Reluctance to disclose: this is often quoted as the major issue by those who have not yet implemented a vulnerable customer strategy. It is true that a few consumers may not want to disclose all the information, but our practical experience is that they will if asked, or at least disclose enough to be useful. It is important to explain to consumers why the information is required, so they can understand the benefits of doing so.
The vulnerability is not important enough to be recorded: there are many issues that are relatively mild and common – for example, partial hearing loss. Such vulnerabilities do not require any adaption and are often judged to not be important enough to label the person as vulnerable. Our challenge here is that, (as with not recording vulnerabilities when overcome) we need evidence to demonstrate that the vulnerability was considered; we also need data for outcome reporting – and, if the vulnerability changes or progresses, what was once a mild issue could become acute (if we have recorded this, we can prepare for it).
Another factor is that many of the firms identifying vulnerable customers in single-percentage figures do so because their clients are wealthy or financially secure – not financially vulnerable.
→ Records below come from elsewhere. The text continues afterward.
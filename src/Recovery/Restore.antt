-- ===== src/Recovery/Restore.antt =====
-- restore_pass of mgd/src/recovery.rs, and the moving average of mgd/src/engine/health.rs.
use lmkd_linux.Prelude.{
  ◌*◌, ◌≤◌, ◌<◌, ◌≡◌, ◌⊎◌, true, false, Option, none, some, [], ◌∷◌, nat_eq, min, max, arith,
}
use lmkd_linux.Types.{Pid, Kb}
use lmkd_linux.Meminfo.{MemInfo}
use lmkd_linux.Registry.Checkpointed
use lmkd_linux.Registry.Checkpointed.{CheckpointRegistry, CheckpointEntry}
use lmkd_linux.Recovery.{
  HealthBaseline, System, observe, millionths, safe_to_restore, restore_head, restore_pass,
  abandoned, restored, failed, tight,
}

-- The average moves towards the sample and never past it: after the first sample it is that sample,
-- and later it lies between the old average and the sample.
pub observe_between :
    (available : Kb) (b : HealthBaseline)
    → let a = (observe available b).avg_available_kb in
      (b.samples ≡ 0 → a ≡ available * millionths)
      × (0 < b.samples
          → (min b.avg_available_kb (available * millionths) ≤ a)
            × (a ≤ max b.avg_available_kb (available * millionths)))
unfolding observe
observe_between available b = ((λ h. ground arith), λ h. (ground arith, ground arith))

-- The entry that a restore pass takes up.
abbrev pub first_entry : CheckpointRegistry → Option (Pid × CheckpointEntry)
first_entry reg = elim (Checkpointed.entries_lightest_first reg) [ [] ↦ none | e ∷ _ ↦ some e ]

module _ (sys : System) (b : HealthBaseline) (m : MemInfo) (reg : CheckpointRegistry) where
  -- A restore pass takes up the lightest entry alone. After three failed attempts it abandons it; before
  -- that it tries it only if memory allows for its size; it leaves the registry if it was restored or
  -- abandoned, and has one more attempt if the restore failed.
  pub restore_pass_cases :
      (pid : Pid) (e : CheckpointEntry)
      → first_entry reg ≡ some (pid, e)
      → let (after, what) = restore_pass sys b m reg in
        let allowed = safe_to_restore b m.available_kb m.total_kb e.rss in
        (3 ≤ e.attempts → (what ≡ abandoned pid) × (after ≡ Checkpointed.delete pid reg))
        × (e.attempts < 3 → allowed ≡ false → (what ≡ tight pid) × (after ≡ reg))
        × (e.attempts < 3
            → allowed ≡ true
            → ((sys.restored e.snapshot_dir ≡ true)
                × (what ≡ restored pid)
                × (after ≡ Checkpointed.delete pid reg))
              ⊎ ((sys.restored e.snapshot_dir ≡ false)
                  × (what ≡ failed pid)
                  × (after ≡ Checkpointed.increment_attempts pid reg)))
  unfolding restore_pass restore_head
  restore_pass_cases pid e h = (
    (λ k. (ground arith, ground arith)),
    (λ k s. (ground arith, ground arith)),
    λ k s. ground arith,
  )
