-- ===== src/Registry.antt =====
-- mgd/src/executor/registry.rs: the processes that are frozen and those that are checkpointed, each
-- with its copy on disk. A write to disk is taken to succeed.
pub mod Frozen
pub mod Checkpointed
pub mod Laws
Other vulnerabilities need to be identified, because money does not provide immunity from health issues and life events.
The graph above shows how only a subset of vulnerable people are identified when the firm works in a reactive way (denoted by the strong white dots at the bottom left); in reality, anyone in the red area will be very vulnerable and need action or support, and anyone in the orange area may have a mild vulnerability which doesn’t require action but it should be recorded and reported on.
An identification gap of between 2%–50% may seem insurmountable but, in reality, the steps needed to move towards more accurate identification are neither complex nor hard.
While organisations can address these issues themselves, technology such as MARS (the MorganAsh Resilience System) already exists to provide a digital, low cost, easy-to-manage solution – one which can be adopted within days, if needed. It can operate fully digitally or within an agent/adviser-guided workflow.
Working proactively, recording not only vulnerabilities but also any mitigation strategies, support offered/taken and support outcomes, overcoming cultural or familiarity hurdles and changing the nature of the vulnerability categories recorded can shift the dial massively on your identification levels. This spills quicky into offering better support, delivering better outcomes, having better management information and being able to easily report to the regulator.
The gap is real – but the target percentage isn’t that difficult to achieve. And one thing is certain, if you think you only have a few per cent of vulnerable customers, you are almost certainly wrong – and a good data-driven process can show this.